## Precalculus (6th Edition) Blitzer

Take $A=\left[ \begin{matrix} 4 & 0 \\ -3 & 5 \\ 0 & 1 \\ \end{matrix} \right], \\ B=\left[ \begin{matrix} 5 & 1 \\ -2 & -2 \\ \end{matrix} \right]\text{, and }\\ C=\left[ \begin{matrix} 1 & -1 \\ -1 & 1 \\ \end{matrix} \right].$ The steps to enter and calculate the matrices by using a graphical utility are given below: Step 1: Go to the matrix above the $\left[ {{x}^{-1}} \right]$ key. Step 2: Press the arrow to the right of EDIT to allow for entering the matrix.
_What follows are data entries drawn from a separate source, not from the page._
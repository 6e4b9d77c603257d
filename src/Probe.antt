-- ===== src/Probe.antt =====
-- pciedrv.c, `pcievdrv_probe` and `pcievdrv_remove`, by what the driver holds of its PCI device, with
-- the addresses that it maps; and device.c, `__load_configs`, with the addresses that the device
-- maps. A field that holds a mapping is empty once it is given back, where the code leaves a pointer,
-- which later calls may follow, since a failed probe does not fail the registration. `pcievdrv_get_configs` is in Probe/Ids.
pub mod Stages
pub mod Balance
pub mod Shares
pub mod Ids
use praid.Common.{
  ℕ, ◌+◌, ◌-◌, ◌*◌, ◌%◌, ◌^◌, Bool, true, false, Option, none, some, not, leb, ◌==◌, if◌then◌else◌,
}
use praid.Config.{Params}
use praid.Geometry.{chunk_size, bar_chunk_offset}
use praid.Pciedrv.{page_size}

-- A mapping by `memremap`: its address and its length.
pub record Mapping : Type 0 where
  pub start : ℕ
  pub length : ℕ

-- `irq_taken` and `drvdata` are what `request_irq` and `pci_set_drvdata` leave with the kernel.
pub record Bound : Type 0 where
  pub enabled : Bool
  pub irq : ℕ
  pub mem_sta : ℕ
  pub range : ℕ
  pub regions : Bool
  pub bar : Option Mapping
  pub sem : ℕ
  pub workqueue : Bool
  pub chunk_addr : Option Mapping
  pub irq_taken : Bool
  pub drvdata : Bool

-- The kernel's answers; `request_irq` gives the error, 0 for none, and the others tell whether they
-- succeed.
pub record PciAnswers : Type 0 where
  pub enable_device : Bool
  pub irq : ℕ
  pub resource_start : ℕ
  pub resource_end : ℕ
  pub request_regions : Bool
  pub memremap : ℕ → ℕ → Bool
  pub request_irq : ℕ

-- 0, -EIO, -EINVAL, -ENOMEM, and the error of `request_irq`.
pub data ProbeRet : Type 0 where
  ok eio einval enomem : ProbeRet
  irq_error : (err : ℕ) → ProbeRet

-- An `int` below 0, as the bits of 32 digits.
abbrev negative : ℕ → Bool
negative irq = leb (2 ^ 31) irq

unfoldable pub memremap : PciAnswers → ℕ → ℕ → Option Mapping
memremap k start length =
    if k.memremap start length then some (record { start = start; length = length }) else none

-- The labels of `pcievdrv_probe`, the last first; `out_final` does nothing.
unfoldable pub out_regions : Bound → Bound
out_regions b = record b { regions = false }

unfoldable pub out_memunmap_bar : Bound → Bound
unfolding out_regions
out_memunmap_bar b = out_regions (record b { bar = none; workqueue = false })

unfoldable pub out_memunmap_sto : Bound → Bound
unfolding out_memunmap_bar
out_memunmap_sto b = out_memunmap_bar (record b { chunk_addr = none })

-- From `request_irq` on.
unfoldable pub take_irq : PciAnswers → Bound → ProbeRet × Bound
unfolding out_memunmap_sto
take_irq k b =
    if not (k.request_irq == 0)
    then (ProbeRet.irq_error k.request_irq, out_memunmap_sto b)
    else (ProbeRet.ok, record b { irq_taken = true; drvdata = true })

-- From the address of the three chunks on.
unfoldable pub map_chunks : PciAnswers → Bound → ProbeRet × Bound
unfolding memremap take_irq out_memunmap_bar
map_chunks k b =
    let b' : Bound = record b { sem = 1; workqueue = true } in
    elim (memremap k ((b.mem_sta + bar_chunk_offset) % 2 ^ 64) (3 * chunk_size)) [
      | none ↦ (ProbeRet.enomem, out_memunmap_bar (record b' { chunk_addr = none }))
      | some m ↦ take_irq k (record b' { chunk_addr = some m })
    ]

-- From `memremap` of the BAR on.
unfoldable pub map_bar : PciAnswers → Bound → ProbeRet × Bound
unfolding memremap map_chunks out_regions
map_bar k b = elim (memremap k b.mem_sta page_size) [
  | none ↦ (ProbeRet.enomem, out_regions (record b { bar = none }))
  | some m ↦ map_chunks k (record b { bar = some m })
]

-- From `pci_request_regions` on.
unfoldable pub take_regions : PciAnswers → Bound → ProbeRet × Bound
unfolding map_bar
take_regions k b =
    if not k.request_regions then (ProbeRet.einval, b) else map_bar k (record b { regions = true })

unfoldable pub pcievdrv_probe : PciAnswers → Bound → ProbeRet × Bound
unfolding take_regions
pcievdrv_probe k b =
    if not k.enable_device
    then (ProbeRet.eio, b)
    else if negative k.irq
    then (ProbeRet.einval, record b { enabled = true; irq = k.irq })
    else take_regions k (record b {
      enabled = true;
      irq = k.irq;
      mem_sta = k.resource_start;
      range = (k.resource_end + 2 ^ 64 - k.resource_start + 1) % 2 ^ 64;
    })

unfoldable pub pcievdrv_remove : Bound → Bound
pcievdrv_remove b = record b {
  irq_taken = false;
  chunk_addr = none;
  bar = none;
  workqueue = false;
  regions = false;
  enabled = false;
}

-- `struct pciev_config`, without the number of disks, which `PCIEV_init` adds.
pub record PcievConfig : Type 0 where
  pub memmap_start : ℕ
  pub memmap_size : ℕ
  pub storage_start : ℕ
  pub storage_size : ℕ
  pub cpu_nr_dispatcher : ℕ

-- device.c, `__load_configs`, which never fails. The parameters are those of main.c.
unfoldable pub load_pciev_configs : Params → PcievConfig
load_pciev_configs p = record {
  memmap_start = p.memmap_start;
  memmap_size = p.memmap_size;
  storage_start = (p.memmap_start + bar_chunk_offset) % 2 ^ 64;
  storage_size = (p.memmap_size + 2 ^ 64 - bar_chunk_offset) % 2 ^ 64;
  cpu_nr_dispatcher = p.cpu;
}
Step 3: Type in the dimensions of the matrix and enter the values and press ENTER. Step 4: Repeat the process for the second matrix. Step 5: Press the arrow to the right to EDIT and choose a new name. Step 6: Type in the dimensions of the matrix and enter the values and press ENTER. Step 7: Return to the home screen. Go to MATRIX to get the names of the matrices for adding, subtracting, or multiplying. Step 8: Choose the mathematical operation (addition, subtraction, or multiplication) and press ENTER to get the answer on the screen. The difference of A−C cannot be obtained because the orders of the matrices are different. The difference of B−A cannot be obtained because the orders of the matrices are different. The solutions calculated in Exercises 37–44 are as follows: (37) $\left[ \begin{matrix} 17 & 7 \\ -5 & -11 \\ \end{matrix} \right]$ (38) $\left[ \begin{matrix} -5 & -7 \\ -1 & 9 \\ \end{matrix} \right]$ (39) $\left[ \begin{matrix} 11 & -1 \\ -7 & -3 \\ \end{matrix} \right]$ (40) $\left[ \begin{matrix} 24 & 0 \\ -33 & -5 \\ -3 & -1 \\ \end{matrix} \right]$ (41) Since A and C are of different order, their difference cannot be calculated. (42) Since B and A are of different order, their difference cannot be calculated. (43) $\left[ \begin{matrix} 16 & -16 \\ -12 & 12 \\ 0 & 0 \\ \end{matrix} \right]$ (44) $\left[ \begin{matrix} 28 & 12 \\ -56 & -24 \\ -7 & -3 \\ \end{matrix} \right]$ Since, the solutions calculated manually and the ones calculated using a graphing utility are the same, therefore they are verified to be the same.